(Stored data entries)
──────────

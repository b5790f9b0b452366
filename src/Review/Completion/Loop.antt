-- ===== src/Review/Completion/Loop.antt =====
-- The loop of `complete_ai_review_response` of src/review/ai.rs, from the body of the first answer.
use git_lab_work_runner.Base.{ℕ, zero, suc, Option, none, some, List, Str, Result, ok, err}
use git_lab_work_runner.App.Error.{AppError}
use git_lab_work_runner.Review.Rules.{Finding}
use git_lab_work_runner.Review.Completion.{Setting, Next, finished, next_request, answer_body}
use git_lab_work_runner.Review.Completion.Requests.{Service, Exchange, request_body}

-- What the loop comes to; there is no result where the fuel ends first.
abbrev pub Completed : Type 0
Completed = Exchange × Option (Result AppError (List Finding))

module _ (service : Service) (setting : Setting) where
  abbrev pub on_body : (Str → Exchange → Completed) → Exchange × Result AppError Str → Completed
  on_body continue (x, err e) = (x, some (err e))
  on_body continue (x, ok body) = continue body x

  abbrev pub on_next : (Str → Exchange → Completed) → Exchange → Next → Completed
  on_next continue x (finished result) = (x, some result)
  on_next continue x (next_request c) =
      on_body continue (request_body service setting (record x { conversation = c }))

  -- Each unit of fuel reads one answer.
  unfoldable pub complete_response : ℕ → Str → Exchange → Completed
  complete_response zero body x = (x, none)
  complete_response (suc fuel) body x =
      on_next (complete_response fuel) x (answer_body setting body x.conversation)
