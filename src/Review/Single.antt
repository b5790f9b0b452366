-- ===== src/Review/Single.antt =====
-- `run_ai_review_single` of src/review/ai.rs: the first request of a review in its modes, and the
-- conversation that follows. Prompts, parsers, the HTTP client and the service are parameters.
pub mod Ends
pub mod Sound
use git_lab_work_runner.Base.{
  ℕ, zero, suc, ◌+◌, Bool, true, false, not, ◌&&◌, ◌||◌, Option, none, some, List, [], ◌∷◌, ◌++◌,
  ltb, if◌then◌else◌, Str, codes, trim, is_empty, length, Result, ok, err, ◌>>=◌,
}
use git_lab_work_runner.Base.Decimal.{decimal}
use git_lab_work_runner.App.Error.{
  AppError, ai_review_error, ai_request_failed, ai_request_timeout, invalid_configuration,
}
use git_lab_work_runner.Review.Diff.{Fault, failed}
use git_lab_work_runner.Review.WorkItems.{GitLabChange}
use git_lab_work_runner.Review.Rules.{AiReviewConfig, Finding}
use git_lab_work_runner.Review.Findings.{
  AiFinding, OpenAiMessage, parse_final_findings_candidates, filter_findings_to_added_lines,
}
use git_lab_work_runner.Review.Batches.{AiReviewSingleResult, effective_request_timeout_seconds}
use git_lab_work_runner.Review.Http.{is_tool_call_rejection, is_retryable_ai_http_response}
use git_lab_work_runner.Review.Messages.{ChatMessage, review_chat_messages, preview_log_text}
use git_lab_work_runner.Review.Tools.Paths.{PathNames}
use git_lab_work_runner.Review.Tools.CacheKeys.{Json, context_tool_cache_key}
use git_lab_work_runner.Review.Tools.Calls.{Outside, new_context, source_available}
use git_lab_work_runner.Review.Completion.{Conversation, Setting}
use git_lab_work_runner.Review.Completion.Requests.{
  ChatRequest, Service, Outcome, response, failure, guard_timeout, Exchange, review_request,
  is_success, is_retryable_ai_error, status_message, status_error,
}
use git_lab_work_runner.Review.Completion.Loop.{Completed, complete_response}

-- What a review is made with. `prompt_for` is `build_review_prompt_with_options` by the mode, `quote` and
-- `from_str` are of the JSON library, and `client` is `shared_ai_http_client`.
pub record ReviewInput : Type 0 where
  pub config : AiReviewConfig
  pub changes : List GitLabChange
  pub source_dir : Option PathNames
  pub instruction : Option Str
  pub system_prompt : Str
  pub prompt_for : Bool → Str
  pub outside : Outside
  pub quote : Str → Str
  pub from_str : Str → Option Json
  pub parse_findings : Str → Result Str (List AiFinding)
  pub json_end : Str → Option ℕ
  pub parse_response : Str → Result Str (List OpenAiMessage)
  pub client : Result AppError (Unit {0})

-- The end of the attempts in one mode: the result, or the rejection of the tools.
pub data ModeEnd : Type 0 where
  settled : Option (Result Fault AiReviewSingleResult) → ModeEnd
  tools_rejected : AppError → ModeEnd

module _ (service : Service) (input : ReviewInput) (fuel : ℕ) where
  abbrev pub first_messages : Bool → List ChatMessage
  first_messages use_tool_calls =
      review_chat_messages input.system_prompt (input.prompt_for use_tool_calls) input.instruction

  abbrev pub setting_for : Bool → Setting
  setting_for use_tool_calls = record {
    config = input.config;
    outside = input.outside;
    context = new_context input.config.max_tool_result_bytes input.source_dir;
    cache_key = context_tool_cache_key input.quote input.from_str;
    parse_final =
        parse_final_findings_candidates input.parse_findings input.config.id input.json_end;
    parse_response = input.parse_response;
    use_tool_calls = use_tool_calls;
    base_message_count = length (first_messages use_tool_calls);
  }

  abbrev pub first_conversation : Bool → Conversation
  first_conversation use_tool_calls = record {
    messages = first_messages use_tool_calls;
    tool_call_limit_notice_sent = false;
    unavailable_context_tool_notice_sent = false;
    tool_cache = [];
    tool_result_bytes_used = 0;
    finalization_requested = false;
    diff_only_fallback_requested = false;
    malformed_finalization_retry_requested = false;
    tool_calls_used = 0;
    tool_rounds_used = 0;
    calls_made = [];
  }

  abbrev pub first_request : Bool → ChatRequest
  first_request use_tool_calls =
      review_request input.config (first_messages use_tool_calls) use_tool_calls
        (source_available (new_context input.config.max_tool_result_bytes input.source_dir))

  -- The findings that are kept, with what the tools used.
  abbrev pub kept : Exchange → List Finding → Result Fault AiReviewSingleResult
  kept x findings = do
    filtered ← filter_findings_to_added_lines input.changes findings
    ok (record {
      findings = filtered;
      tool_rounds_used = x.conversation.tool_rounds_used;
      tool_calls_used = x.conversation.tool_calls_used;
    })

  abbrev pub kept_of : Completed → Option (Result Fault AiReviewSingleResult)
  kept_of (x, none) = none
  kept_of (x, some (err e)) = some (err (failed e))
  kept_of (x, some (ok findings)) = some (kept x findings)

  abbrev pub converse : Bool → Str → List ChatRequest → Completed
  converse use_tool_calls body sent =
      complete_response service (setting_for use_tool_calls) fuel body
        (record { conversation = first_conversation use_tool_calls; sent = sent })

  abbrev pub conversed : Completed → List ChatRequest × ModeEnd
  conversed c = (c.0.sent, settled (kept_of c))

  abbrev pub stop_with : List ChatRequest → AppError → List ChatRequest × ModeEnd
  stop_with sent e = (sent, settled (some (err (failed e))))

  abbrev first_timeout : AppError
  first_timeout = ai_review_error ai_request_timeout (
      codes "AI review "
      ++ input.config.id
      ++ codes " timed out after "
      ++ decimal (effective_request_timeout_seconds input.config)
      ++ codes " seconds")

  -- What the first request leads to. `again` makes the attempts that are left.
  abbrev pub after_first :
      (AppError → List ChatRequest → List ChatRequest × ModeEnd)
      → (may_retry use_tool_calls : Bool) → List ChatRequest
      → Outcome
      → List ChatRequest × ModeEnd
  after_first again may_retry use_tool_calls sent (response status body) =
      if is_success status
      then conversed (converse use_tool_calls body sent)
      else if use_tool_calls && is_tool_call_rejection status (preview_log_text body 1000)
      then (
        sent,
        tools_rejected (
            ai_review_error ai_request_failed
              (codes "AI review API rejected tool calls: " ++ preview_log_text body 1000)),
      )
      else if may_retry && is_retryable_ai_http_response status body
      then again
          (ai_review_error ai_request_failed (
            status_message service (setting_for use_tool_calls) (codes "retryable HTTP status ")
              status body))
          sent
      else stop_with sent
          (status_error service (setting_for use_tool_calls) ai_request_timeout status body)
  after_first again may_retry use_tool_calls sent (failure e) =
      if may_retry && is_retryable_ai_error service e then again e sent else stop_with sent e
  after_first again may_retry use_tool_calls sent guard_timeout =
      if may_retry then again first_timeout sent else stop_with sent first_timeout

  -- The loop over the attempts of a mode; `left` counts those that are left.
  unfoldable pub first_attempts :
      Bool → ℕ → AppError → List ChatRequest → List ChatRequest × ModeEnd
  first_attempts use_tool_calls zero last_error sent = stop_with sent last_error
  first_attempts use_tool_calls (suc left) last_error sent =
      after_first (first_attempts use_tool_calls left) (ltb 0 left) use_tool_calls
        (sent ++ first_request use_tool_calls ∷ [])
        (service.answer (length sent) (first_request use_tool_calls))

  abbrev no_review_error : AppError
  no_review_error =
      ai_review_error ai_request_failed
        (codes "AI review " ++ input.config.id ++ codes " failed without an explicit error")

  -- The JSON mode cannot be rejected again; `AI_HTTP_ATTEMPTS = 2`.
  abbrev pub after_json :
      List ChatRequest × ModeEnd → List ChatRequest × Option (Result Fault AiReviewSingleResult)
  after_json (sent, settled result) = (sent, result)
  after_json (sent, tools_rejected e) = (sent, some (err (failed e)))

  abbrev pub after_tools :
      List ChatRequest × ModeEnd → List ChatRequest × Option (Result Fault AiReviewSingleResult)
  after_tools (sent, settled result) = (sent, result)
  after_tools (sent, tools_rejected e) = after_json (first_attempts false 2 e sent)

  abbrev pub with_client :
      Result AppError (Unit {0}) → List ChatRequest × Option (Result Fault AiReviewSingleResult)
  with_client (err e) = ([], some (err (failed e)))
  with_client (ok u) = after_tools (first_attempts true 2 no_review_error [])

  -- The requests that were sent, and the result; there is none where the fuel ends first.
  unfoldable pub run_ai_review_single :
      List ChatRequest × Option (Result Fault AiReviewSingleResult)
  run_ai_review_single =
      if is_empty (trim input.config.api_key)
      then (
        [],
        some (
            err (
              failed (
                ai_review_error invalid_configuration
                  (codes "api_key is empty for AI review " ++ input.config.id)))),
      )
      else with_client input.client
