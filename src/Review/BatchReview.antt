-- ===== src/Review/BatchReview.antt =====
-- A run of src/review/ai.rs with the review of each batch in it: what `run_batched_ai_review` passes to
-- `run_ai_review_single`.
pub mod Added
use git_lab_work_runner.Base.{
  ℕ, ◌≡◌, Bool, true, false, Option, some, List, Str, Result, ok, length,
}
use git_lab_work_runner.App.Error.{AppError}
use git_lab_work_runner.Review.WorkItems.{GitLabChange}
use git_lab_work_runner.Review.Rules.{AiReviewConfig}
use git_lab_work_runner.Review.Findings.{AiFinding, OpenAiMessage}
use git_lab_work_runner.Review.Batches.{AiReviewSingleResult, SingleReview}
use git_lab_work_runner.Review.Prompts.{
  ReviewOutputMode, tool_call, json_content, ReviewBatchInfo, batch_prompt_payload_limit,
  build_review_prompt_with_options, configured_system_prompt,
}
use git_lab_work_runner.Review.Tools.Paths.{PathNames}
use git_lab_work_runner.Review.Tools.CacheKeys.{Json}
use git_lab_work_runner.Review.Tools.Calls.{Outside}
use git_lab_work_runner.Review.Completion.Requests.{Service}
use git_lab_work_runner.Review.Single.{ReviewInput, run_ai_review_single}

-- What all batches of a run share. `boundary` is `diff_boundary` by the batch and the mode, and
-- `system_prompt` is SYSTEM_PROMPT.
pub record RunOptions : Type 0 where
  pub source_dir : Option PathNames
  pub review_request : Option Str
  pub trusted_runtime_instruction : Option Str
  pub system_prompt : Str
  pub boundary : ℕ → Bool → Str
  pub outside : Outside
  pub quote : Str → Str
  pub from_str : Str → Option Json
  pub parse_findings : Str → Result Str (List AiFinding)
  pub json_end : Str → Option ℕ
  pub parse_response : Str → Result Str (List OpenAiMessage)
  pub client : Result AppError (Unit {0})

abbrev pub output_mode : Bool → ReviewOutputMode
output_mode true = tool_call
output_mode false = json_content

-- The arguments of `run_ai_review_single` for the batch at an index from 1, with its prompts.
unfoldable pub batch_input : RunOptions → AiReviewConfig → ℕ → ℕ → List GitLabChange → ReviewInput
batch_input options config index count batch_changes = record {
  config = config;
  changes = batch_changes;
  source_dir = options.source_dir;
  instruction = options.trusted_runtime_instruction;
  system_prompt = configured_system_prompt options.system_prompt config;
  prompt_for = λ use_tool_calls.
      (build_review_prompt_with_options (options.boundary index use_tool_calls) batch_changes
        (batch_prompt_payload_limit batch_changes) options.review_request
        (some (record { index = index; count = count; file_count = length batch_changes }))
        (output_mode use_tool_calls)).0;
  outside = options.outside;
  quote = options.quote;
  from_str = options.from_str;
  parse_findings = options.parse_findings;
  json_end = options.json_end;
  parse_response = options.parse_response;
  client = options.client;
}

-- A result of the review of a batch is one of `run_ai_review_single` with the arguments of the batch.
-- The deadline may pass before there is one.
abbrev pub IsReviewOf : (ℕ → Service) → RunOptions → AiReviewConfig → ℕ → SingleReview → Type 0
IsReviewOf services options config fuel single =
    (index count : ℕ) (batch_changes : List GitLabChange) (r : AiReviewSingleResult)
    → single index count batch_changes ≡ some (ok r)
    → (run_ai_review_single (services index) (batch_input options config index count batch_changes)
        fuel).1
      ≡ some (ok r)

──────────

→ **Assignment**: Write down every line of the data above that includes the string "quote".

→ **Response to the task**:
-- What a review is made with. `prompt_for` is `build_review_prompt_with_options` by the mode, `quote` and
  pub quote : Str → Str
    cache_key = context_tool_cache_key input.quote input.from_str;
  pub quote : Str → Str
  quote = options.quote;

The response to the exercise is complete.